AP Physics 1 Unit 1 Notes: Two-Dimensional Kinematics (Algebra-Based)

Reference frame

A chosen viewpoint/coordinate system (plus an implied observer) used to measure position, time, and motion.

Observer (in a frame)

The entity assumed at rest in the chosen reference frame, used to define measured positions and velocities.

Inertial frame

A non-accelerating reference frame where Newton’s laws and constant-acceleration kinematics apply in their usual form.

Non-inertial frame

An accelerating reference frame in which motion descriptions become more complicated (often requiring extra/“fictitious” forces in advanced treatments).

Relative motion

The idea that measured motion depends on the reference frame; velocities and positions compare an object to a chosen frame or other object.

Relative velocity notation (v_{A/C})

The velocity of object A as measured in the reference frame of C (read “A relative to C”).

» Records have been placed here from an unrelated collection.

-- ===== src/File/Renamed.antt =====
-- One call of `cpmRename` of cpmfs.c that succeeds: the names that it was given, and the directory
-- that it leaves.
use cpmtools.Base.{
  ℕ, ◌+◌, ◌≤◌, ◌≡◌, ◌≢◌, refl, sym, ◌∙◌, Bool, true, false, List, map, arith, none, some,
  Bool-cases, Option-cases, inl, inr, length, get_elem?, All, All-map_of, All-×, All-of, All-modify,
  get_elem?-map,
}
use cpmtools.Entry.{Entry, IsEntry, low7}
use cpmtools.Super.{Drive, ok, user_limit}
use cpmtools.Inode.{Inode}
use cpmtools.Name.{split_filename}
use cpmtools.Name.Split.{split_filename-IsField}
use cpmtools.Dir.{is_extent_of, find_file_extent}
use cpmtools.Dir.Match.{is_extent_of_iff, low7-memcpy7}
use cpmtools.Dir.Each.{update_if, each_extent-map}
use cpmtools.Dir.Find.{find_file_extent_lem, find_file_extent-none}
use cpmtools.File.Xfcb.{ChangesXfcb, ChangesXfcb-other, update_xfcb_lem}
use cpmtools.File.{is_dir, retarget, rename_extents, rename}

-- The file names that a call was given, as `splitFilename` reads them.
pub record Names (d : Drive) (old new : List ℕ) : Type 0 where
  pub olduser : ℕ
  pub oldname : List ℕ
  pub oldext : List ℕ
  pub newuser : ℕ
  pub newname : List ℕ
  pub newext : List ℕ
  pub split_old : split_filename old d.type ≡ some (olduser, oldname, oldext)
  pub split_new : split_filename new d.type ≡ some (newuser, newname, newext)

abbrev pub names :
    (d : Drive) (old new : List ℕ) {olduser newuser : ℕ} {oldname oldext newname newext : List ℕ}
    → split_filename old d.type ≡ some (olduser, oldname, oldext)
    → split_filename new d.type ≡ some (newuser, newname, newext)
    → Names d old new
names d old new {olduser} {newuser} {oldname} {oldext} {newname} {newext} s t = record {
  olduser = olduser;
  oldname = oldname;
  oldext = oldext;
  newuser = newuser;
  newname = newname;
  newext = newext;
  split_old = s;
  split_new = t;
}

module _ (d : Drive) (dir : Inode) (old new : List ℕ) (n : Names d old new) where
  open n use {olduser, oldname, oldext, newuser, newname, newext, split_old, split_new}

  abbrev pub of_old : Entry → Bool
  of_old = is_extent_of d olduser oldname oldext none

  abbrev pub of_new : Entry → Bool
  of_new = is_extent_of d newuser newname newext none

  -- A successful call found the old name and not the new one, and did what follows.
  rename-eq-ok :
      {d' : Drive}
      → rename d dir old new ≡ (ok tt, d')
      → (first : ℕ) × (find_file_extent d olduser oldname oldext 0 none ≡ some first)
        × (find_file_extent d newuser newname newext 0 none ≡ none)
        × (d' ≡ rename_extents d olduser oldname oldext newuser newname newext first)
  unfolding rename
  rename-eq-ok h = elim (Bool-cases (is_dir dir.mode)) [
    | inr other ↦ absurd (ground (arith, split_old, split_new))
    | inl y ↦ elim (Option-cases (find_file_extent d olduser oldname oldext 0 none)) [
      | inl nothing ↦ absurd (ground (arith, split_old, split_new))
      | inr (first, found) ↦
          elim (Option-cases (find_file_extent d newuser newname newext 0 none)) [
            | inr (other, taken) ↦ absurd (ground (arith, split_old, split_new))
            | inl free ↦ (first, found, free, ground (arith, split_old, split_new))
          ]
    ]
  ]

  -- The directory after the loop of `cpmRename`.
  abbrev moved : List Entry
  moved = map (update_if of_old (retarget newuser newname newext)) d.dir

  dir-rename_extents :
      {first : ℕ}
      → find_file_extent d olduser oldname oldext 0 none ≡ some first
      → ChangesXfcb d olduser oldname oldext
          (retarget (newuser + 16) newname newext)
          moved
          (rename_extents d olduser oldname oldext newuser newname newext first).dir
  unfolding rename_extents
  dir-rename_extents {first} h =
      rw
        (each_extent-map of_old (retarget newuser newname newext) d.dir
          (sym (find_file_extent_lem d olduser oldname oldext 0 none) ∙ h))
        (update_xfcb_lem d olduser oldname oldext moved (retarget (newuser + 16) newname newext))

  -- The new name is one that an entry can hold.
  legal : (newuser ≤ user_limit d) × (length newname ≡ 8) × (length newext ≡ 3)
  unfolding user_limit
  legal =
      let (low, name, ext) = split_filename-IsField new d.type split_new in
      (ground arith, name.0, ext.0)

  limit-le : user_limit d ≤ 31
  unfolding user_limit
  limit-le = ground arith

  low7-retarget :
      (user : ℕ) (e : Entry)
      → IsEntry e
      → (low7 (retarget user newname newext e).name ≡ low7 newname)
        × (low7 (retarget user newname newext e).ext ≡ low7 newext)
  unfolding retarget
  low7-retarget user e v = (
    low7-memcpy7 e.name newname (omega (arith, v.name_length, legal.1)),
    low7-memcpy7 e.ext newext (omega (arith, v.ext_length, legal.2)),
  )

  status-retarget : (user : ℕ) (e : Entry) → (retarget user newname newext e).status ≡ user
  unfolding retarget
  status-retarget user e = refl

  -- A renamed entry answers to the new name.
  pub of_new-retarget : (e : Entry) → IsEntry e → of_new (retarget newuser newname newext e) ≡ true
  of_new-retarget e v =
      let (name, ext) = low7-retarget newuser e v in
      (is_extent_of_iff d newuser newname newext (retarget newuser newname newext e)).1
        (legal.0, sym (status-retarget newuser e), sym name, sym ext)

  -- It no longer answers to the old one, of which the new one differs.
  of_old-retarget :
      (e : Entry)
      → IsEntry e
      → of_old e ≡ true
      → of_new e ≡ false
      → of_old (retarget newuser newname newext e) ≡ false
  of_old-retarget e v is_old not_new =
      elim (Bool-cases (of_old (retarget newuser newname newext e))) [
        | inr n ↦ n
        | inl y ↦
            let after = retarget newuser newname newext e in
            let (name, ext) = low7-retarget newuser e v in
            let a = (is_extent_of_iff d olduser oldname oldext after).0 y in
            let b = (is_extent_of_iff d olduser oldname oldext e).0 is_old in
            let user : newuser ≡ e.status = sym (status-retarget newuser e) ∙ sym a.1 ∙ b.1 in
            let c =
              (is_extent_of_iff d newuser newname newext e).1
                (legal.0, user, sym name ∙ sym a.2 ∙ b.2, sym ext ∙ sym a.3 ∙ b.3) in
            cc c
      ]

  -- A renamed XFCB is no entry of the old name.
  of_old-retarget_xfcb :
      (e : Entry)
      → olduser + 16 ≤ user_limit d
      → of_old (retarget (newuser + 16) newname newext e) ≡ false
  of_old-retarget_xfcb e low =
      elim (Bool-cases (of_old (retarget (newuser + 16) newname newext e))) [
        | inr n ↦ n
        | inl y ↦
            let a =
              (is_extent_of_iff d olduser oldname oldext
                  (retarget (newuser + 16) newname newext e)).0
                y in
            absurd (omega (arith, a.1, status-retarget (newuser + 16) e, limit-le))
      ]

  update_if-old :
      (e : Entry)
      → IsEntry e × (of_new e ≡ false)
      → of_old (update_if of_old (retarget newuser newname newext) e) ≡ false
  update_if-old e (v, not_new) = elim (Bool-cases (of_old e)) [
    | inl y ↦ rw y (of_old-retarget e v y not_new)
    | inr n ↦ rw n n
  ]

  gone :
      {after : List Entry}
      → All IsEntry d.dir
      → All (λ e. of_new e ≡ false) d.dir
      → ChangesXfcb d olduser oldname oldext (retarget (newuser + 16) newname newext) moved after
      → All (λ e. of_old e ≡ false) after
  gone valid free changes =
      let none_left : All (λ e. of_old e ≡ false) moved =
        All-map_of (λ e. IsEntry e × (of_new e ≡ false)) (λ e. of_old e ≡ false) _ d.dir
          (All-× IsEntry (λ e. of_new e ≡ false) d.dir valid free) update_if-old in
      elim changes [
        | inl same ↦ rw same none_left
        | inr (i, first, same) ↦
            let low : olduser + 16 ≤ user_limit d =
              ((is_extent_of_iff d (olduser + 16) oldname oldext first.entry).0 first.passes).0 in
            rw same (
              All-modify (λ e. of_old e ≡ false) moved i (retarget (newuser + 16) newname newext)
                (λ x h. of_old-retarget_xfcb x low) none_left)
      ]

  pub no_old :
      {d' : Drive}
      → All IsEntry d.dir
      → rename d dir old new ≡ (ok tt, d')
      → All (λ e. of_old e ≡ false) d'.dir
  no_old valid h =
      let (first, found, free, e) = rename-eq-ok h in
      let not_new =
        All-of (λ e. of_new e ≡ false) d.dir
          (λ i x at.
            find_file_extent-none d newuser newname newext 0 none i x free (omega arith) at) in
      rw e (gone valid not_new (dir-rename_extents found))

  -- With a new user number other than that of the old file's XFCBs the changed XFCB is none of the
  -- renamed entries.
  pub moved_entry :
      {d' : Drive} (j : ℕ) (e : Entry)
      → newuser ≢ olduser + 16
      → rename d dir old new ≡ (ok tt, d')
      → get_elem? d.dir j ≡ some e
      → of_old e ≡ true
      → get_elem? d'.dir j ≡ some (retarget newuser newname newext e)
  moved_entry j e apart h at y =
      let (first, found, free, same) = rename-eq-ok h in
      let target = retarget newuser newname newext e in
      let after : get_elem? moved j ≡ some target =
        get_elem?-map (update_if of_old (retarget newuser newname newext)) d.dir j at ∙ rw y refl in
      let no_xfcb : is_extent_of d (olduser + 16) oldname oldext none target ≡ false =
        elim (Bool-cases (is_extent_of d (olduser + 16) oldname oldext none target)) [
          | inr n ↦ n
          | inl x ↦ absurd (
              apart (
                sym (status-retarget newuser e)
                ∙ sym ((is_extent_of_iff d (olduser + 16) oldname oldext target).0 x).1))
        ] in
      rw same (
        ChangesXfcb-other d olduser oldname oldext (retarget (newuser + 16) newname newext) j target
          after no_xfcb (dir-rename_extents found))

  pub kept_entry :
      {d' : Drive} (j : ℕ) (e : Entry)
      → rename d dir old new ≡ (ok tt, d')
      → get_elem? d.dir j ≡ some e
      → of_old e ≡ false
      → is_extent_of d (olduser + 16) oldname oldext none e ≡ false
      → get_elem? d'.dir j ≡ some e
  kept_entry j e h at n no_xfcb =
      let (first, found, free, same) = rename-eq-ok h in
      let after : get_elem? moved j ≡ some e =
        get_elem?-map (update_if of_old (retarget newuser newname newext)) d.dir j at ∙ rw n refl in
      rw same (
        ChangesXfcb-other d olduser oldname oldext (retarget (newuser + 16) newname newext) j e
          after no_xfcb (dir-rename_extents found))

Relative velocity addition (vector form)

A rule for changing frames: 𝐯{A/C} = 𝐯{A/B} + 𝐯_{B/C}.

Relative displacement addition (vector form)

A frame-change rule for displacement over the same time interval: Δ𝐫{A/C} = Δ𝐫{A/B} + Δ𝐫_{B/C}.

Vector

A quantity with magnitude and direction (e.g., displacement, velocity, acceleration, force).

Scalar

A quantity with magnitude only (e.g., time, mass, temperature, speed).

Component form of a vector

Writing a vector as ordered components, e.g., 𝐯 = ⟨vx, vy⟩, to handle 2D motion algebraically.

Vector magnitude from components

For components (Ax, Ay), the magnitude is A = √(Ax² + Ay²).

Component relations (cos/sin)

For magnitude A at angle θ from +x: Ax = A cosθ and Ay = A sinθ.

Vector addition in components

If 𝐀 = ⟨Ax, Ay⟩ and 𝐁 = ⟨Bx, By⟩, then 𝐀+𝐁 = ⟨Ax+Bx, Ay+By⟩.

Vector subtraction in components

If 𝐀 = ⟨Ax, Ay⟩ and 𝐁 = ⟨Bx, By⟩, then 𝐀−𝐁 = ⟨Ax−Bx, Ay−By⟩.

Collinear vectors

Vectors that lie along the same line (same or opposite directions); only in this case do magnitudes add/subtract directly with signs.

Sign convention

A consistent choice of positive direction(s) so 1D relative motion can be handled with signed numbers.

Component method (2D relative motion)

Solving relative-motion problems by writing separate x- and y-component equations and adding components rather than magnitudes.

Projectile

An object moving under gravity alone (air resistance neglected), so acceleration is constant and downward.

Gravitational acceleration (g)

The magnitude of Earth’s downward acceleration near the surface, about 9.8 m/s² (often with a_y = −g if +y is up).

Separate-axes principle (2D kinematics)

In 2D constant-acceleration motion, apply 1D kinematics independently in x and y; the only shared variable linking them is time.

Horizontal acceleration in projectile motion (a_x)

For ideal projectile motion (no air resistance), ax = 0, so vx remains constant.

Vertical acceleration in projectile motion (a_y)

For ideal projectile motion with +y up, ay = −g, so vy changes linearly with time.

Time of flight (level-ground projectile)

Total time in the air; when launch and landing heights match, it can be found via vertical motion symmetry (time up = time down).

Range (projectile motion)

The horizontal displacement during flight; commonly found by Δx = v_{0x}·t using the flight time from vertical motion.